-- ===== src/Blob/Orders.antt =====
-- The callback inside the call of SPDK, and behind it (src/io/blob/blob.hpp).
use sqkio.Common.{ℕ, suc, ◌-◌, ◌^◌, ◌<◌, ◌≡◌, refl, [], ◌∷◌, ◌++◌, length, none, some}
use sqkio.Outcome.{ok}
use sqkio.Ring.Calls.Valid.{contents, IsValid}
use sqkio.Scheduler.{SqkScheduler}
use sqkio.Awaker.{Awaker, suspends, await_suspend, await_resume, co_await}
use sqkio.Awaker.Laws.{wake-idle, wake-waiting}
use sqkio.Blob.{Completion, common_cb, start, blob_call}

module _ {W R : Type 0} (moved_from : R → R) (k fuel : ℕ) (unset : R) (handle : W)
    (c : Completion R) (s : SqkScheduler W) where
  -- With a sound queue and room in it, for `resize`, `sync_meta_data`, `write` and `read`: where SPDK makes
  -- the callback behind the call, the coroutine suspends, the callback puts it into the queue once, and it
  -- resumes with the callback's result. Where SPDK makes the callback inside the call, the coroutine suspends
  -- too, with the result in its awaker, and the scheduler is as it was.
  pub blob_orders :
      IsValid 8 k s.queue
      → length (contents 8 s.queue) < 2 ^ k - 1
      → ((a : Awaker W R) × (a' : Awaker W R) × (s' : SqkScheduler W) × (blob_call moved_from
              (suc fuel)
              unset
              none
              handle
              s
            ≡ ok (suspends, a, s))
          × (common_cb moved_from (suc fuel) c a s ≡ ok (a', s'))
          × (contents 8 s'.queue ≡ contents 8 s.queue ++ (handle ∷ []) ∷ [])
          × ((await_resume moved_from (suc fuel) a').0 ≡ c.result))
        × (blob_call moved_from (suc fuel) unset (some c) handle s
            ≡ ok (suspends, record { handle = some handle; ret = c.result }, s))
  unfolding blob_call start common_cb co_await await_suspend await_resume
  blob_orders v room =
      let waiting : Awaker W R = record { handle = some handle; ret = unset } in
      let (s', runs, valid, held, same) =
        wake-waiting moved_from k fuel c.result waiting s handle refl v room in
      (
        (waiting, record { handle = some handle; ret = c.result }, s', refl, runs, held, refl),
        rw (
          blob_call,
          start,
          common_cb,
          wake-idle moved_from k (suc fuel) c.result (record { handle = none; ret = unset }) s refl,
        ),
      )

★ ★ ★ ★

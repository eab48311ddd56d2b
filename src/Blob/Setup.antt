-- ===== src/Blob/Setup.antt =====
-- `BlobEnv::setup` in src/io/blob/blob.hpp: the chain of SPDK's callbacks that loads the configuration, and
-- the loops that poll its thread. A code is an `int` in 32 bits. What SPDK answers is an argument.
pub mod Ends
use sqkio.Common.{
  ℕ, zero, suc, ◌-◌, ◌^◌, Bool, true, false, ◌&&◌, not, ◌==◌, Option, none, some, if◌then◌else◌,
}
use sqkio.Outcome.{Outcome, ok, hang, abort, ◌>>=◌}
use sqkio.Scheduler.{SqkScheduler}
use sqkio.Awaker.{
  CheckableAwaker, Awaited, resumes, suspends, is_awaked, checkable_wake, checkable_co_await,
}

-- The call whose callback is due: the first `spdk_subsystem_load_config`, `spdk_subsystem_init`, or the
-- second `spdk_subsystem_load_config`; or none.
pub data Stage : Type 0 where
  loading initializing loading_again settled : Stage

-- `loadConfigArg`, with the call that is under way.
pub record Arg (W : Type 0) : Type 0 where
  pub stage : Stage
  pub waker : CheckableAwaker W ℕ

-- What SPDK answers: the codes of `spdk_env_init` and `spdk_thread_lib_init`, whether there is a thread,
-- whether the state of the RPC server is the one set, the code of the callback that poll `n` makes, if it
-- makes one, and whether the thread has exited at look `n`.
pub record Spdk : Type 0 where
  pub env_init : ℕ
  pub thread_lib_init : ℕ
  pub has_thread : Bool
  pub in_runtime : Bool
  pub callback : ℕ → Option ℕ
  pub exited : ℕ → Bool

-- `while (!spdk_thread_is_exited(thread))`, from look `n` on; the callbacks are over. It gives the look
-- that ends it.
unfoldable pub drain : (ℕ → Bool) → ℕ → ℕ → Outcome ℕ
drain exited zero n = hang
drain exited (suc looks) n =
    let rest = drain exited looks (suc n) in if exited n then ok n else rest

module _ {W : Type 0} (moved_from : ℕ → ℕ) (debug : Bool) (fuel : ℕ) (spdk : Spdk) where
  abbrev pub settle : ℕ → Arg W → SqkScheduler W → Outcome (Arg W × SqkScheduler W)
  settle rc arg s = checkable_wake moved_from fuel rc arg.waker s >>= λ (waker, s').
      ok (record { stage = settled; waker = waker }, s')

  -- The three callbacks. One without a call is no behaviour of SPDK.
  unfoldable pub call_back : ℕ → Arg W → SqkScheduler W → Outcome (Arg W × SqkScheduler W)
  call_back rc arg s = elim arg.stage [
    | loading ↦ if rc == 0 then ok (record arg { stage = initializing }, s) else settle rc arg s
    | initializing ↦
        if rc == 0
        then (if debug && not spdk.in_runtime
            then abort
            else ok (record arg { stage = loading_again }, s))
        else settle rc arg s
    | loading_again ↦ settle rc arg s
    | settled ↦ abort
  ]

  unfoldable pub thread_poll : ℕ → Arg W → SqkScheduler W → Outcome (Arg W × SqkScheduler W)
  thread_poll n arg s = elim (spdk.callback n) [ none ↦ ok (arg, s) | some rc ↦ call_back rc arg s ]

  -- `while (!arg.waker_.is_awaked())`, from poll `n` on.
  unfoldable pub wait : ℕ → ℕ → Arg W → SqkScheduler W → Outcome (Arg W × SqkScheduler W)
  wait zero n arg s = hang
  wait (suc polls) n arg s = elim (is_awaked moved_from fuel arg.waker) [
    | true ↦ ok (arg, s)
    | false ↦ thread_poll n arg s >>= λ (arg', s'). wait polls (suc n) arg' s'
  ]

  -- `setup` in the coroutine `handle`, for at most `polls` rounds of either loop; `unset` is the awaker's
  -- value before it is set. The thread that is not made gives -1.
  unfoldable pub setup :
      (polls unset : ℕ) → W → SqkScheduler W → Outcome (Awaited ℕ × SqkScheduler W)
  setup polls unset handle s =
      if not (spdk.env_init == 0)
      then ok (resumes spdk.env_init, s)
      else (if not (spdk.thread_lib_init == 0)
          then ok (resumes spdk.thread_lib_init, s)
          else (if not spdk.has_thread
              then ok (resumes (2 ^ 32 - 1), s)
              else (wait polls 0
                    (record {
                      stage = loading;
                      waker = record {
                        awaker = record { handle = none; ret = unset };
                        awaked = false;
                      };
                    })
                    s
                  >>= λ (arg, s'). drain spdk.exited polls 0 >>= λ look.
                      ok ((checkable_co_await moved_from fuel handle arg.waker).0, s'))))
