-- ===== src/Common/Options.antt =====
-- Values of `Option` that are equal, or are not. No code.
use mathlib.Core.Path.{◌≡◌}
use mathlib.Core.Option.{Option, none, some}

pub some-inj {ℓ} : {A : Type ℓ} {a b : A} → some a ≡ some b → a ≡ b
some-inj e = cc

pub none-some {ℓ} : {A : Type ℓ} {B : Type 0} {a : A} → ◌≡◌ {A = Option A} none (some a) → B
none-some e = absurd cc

★ ★ ★ ★

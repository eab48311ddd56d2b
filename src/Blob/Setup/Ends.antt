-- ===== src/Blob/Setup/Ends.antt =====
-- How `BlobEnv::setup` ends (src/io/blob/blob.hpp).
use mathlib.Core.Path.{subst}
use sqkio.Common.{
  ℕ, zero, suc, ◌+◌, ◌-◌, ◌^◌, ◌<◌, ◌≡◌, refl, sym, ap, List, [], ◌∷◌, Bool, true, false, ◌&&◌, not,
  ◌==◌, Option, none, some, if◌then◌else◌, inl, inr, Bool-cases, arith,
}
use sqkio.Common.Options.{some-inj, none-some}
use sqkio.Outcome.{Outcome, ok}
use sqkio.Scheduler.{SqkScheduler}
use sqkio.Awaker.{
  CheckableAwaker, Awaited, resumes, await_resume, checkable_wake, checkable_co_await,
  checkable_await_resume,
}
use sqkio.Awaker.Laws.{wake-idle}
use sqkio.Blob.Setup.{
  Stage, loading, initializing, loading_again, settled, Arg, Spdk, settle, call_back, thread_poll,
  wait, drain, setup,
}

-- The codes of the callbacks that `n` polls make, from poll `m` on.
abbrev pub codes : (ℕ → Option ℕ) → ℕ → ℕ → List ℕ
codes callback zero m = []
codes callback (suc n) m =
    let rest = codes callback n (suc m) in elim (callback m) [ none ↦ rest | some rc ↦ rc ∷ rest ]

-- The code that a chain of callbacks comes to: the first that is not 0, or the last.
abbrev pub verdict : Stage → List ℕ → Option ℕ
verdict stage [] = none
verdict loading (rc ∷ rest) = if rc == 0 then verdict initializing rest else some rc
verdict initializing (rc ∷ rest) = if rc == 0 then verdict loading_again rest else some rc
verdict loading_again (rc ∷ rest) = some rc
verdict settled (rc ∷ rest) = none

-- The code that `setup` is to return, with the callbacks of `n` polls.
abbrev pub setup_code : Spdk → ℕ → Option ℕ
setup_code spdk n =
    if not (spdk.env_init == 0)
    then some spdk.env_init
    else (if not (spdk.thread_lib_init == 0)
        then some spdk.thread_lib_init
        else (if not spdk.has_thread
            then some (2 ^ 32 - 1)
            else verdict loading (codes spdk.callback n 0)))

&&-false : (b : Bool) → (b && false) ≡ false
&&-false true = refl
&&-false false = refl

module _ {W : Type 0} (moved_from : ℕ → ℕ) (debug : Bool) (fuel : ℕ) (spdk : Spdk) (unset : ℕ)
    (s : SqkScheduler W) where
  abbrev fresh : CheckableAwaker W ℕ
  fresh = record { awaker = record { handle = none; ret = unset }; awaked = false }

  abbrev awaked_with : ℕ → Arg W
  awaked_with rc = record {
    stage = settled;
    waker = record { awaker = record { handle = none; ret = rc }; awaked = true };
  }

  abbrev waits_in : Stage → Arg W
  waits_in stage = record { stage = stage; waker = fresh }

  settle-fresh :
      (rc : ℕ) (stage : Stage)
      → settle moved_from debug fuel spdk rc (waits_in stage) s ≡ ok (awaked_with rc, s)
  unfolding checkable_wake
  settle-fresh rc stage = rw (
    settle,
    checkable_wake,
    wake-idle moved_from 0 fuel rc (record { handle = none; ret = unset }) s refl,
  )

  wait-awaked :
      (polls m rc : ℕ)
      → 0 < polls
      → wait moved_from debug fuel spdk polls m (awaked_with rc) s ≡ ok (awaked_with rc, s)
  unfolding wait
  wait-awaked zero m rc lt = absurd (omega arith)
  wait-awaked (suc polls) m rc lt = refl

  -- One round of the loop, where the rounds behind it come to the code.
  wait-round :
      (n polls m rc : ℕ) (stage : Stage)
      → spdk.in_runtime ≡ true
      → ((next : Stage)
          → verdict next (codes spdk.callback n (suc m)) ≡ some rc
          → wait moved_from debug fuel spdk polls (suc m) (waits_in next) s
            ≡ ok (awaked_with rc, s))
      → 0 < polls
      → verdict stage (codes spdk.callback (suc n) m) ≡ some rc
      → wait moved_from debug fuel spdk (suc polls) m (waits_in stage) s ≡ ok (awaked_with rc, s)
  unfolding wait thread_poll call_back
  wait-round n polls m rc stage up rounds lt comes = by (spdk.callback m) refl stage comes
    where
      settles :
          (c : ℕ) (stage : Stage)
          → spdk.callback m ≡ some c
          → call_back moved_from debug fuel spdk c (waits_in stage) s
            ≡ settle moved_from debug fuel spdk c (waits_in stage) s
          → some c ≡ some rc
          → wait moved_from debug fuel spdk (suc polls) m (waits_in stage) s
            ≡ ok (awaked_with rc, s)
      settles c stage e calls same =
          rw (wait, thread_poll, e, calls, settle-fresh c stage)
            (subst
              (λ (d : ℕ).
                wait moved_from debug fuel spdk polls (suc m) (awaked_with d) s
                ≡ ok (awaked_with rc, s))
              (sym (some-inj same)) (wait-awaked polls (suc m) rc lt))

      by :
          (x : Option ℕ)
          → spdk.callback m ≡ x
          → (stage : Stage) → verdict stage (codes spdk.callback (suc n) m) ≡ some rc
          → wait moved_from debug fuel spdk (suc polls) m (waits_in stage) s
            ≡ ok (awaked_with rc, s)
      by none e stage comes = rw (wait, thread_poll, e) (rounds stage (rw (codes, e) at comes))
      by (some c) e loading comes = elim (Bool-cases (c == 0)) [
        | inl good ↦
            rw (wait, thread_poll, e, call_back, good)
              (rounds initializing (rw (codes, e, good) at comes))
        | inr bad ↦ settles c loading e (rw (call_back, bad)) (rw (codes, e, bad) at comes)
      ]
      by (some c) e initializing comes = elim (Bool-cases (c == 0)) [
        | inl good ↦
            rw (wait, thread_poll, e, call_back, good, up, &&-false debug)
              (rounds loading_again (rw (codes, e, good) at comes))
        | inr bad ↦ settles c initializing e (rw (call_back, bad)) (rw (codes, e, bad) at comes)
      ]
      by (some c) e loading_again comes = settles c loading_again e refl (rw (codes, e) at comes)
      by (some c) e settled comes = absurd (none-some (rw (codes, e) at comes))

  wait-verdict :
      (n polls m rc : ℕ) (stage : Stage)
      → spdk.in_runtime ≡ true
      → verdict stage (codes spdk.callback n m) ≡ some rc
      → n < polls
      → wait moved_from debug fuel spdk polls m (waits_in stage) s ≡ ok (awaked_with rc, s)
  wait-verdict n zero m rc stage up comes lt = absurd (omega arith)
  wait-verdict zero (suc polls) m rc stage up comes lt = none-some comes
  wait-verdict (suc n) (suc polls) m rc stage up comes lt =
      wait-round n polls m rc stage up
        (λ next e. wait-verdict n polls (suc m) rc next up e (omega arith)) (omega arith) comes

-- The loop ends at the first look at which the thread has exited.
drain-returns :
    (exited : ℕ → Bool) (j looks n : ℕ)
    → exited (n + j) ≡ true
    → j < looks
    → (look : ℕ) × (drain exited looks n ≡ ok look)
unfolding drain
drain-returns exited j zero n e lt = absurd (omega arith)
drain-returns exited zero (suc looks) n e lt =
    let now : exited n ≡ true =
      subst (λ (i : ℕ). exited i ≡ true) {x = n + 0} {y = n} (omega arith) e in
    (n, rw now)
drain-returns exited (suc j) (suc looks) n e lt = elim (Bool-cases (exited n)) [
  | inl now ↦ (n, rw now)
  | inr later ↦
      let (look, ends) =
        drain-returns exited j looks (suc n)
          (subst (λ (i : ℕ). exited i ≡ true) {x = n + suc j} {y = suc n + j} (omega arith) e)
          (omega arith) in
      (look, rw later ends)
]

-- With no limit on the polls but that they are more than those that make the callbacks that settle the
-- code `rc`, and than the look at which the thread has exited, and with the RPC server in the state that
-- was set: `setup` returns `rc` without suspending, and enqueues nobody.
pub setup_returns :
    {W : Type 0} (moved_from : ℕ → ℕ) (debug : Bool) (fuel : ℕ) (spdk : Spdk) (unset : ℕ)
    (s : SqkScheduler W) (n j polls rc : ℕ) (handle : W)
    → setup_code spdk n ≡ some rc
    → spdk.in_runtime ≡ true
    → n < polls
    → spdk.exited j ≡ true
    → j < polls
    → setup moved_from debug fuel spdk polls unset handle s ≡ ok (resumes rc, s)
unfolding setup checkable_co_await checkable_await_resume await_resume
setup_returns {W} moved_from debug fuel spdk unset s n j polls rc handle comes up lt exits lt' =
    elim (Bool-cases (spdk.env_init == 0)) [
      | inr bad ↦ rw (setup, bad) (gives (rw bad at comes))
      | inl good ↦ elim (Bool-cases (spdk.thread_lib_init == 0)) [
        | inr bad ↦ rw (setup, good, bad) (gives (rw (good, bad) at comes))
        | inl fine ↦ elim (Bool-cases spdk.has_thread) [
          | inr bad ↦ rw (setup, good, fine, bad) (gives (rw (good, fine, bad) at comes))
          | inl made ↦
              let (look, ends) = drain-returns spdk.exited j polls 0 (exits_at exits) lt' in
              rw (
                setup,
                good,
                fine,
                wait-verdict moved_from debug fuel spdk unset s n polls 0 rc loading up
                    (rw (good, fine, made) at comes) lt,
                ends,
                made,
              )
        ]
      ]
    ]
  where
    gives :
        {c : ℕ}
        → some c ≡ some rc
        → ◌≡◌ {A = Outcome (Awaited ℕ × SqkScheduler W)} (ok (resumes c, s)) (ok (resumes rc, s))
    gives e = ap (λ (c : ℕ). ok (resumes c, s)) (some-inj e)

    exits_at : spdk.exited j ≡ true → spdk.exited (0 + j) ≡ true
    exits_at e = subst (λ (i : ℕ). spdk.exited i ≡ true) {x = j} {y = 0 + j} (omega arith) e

★ ★ ★ ★

## Exercise goal:
Copy out each line of the data above, exactly, if it lies between the line holding "(some a) → B" and the line holding "none-some e = absurd cc", inclusive; copy no other line.

## Written response:
pub none-some {ℓ} : {A : Type ℓ} {B : Type 0} {a : A} → ◌≡◌ {A = Option A} none (some a) → B
none-some e = absurd cc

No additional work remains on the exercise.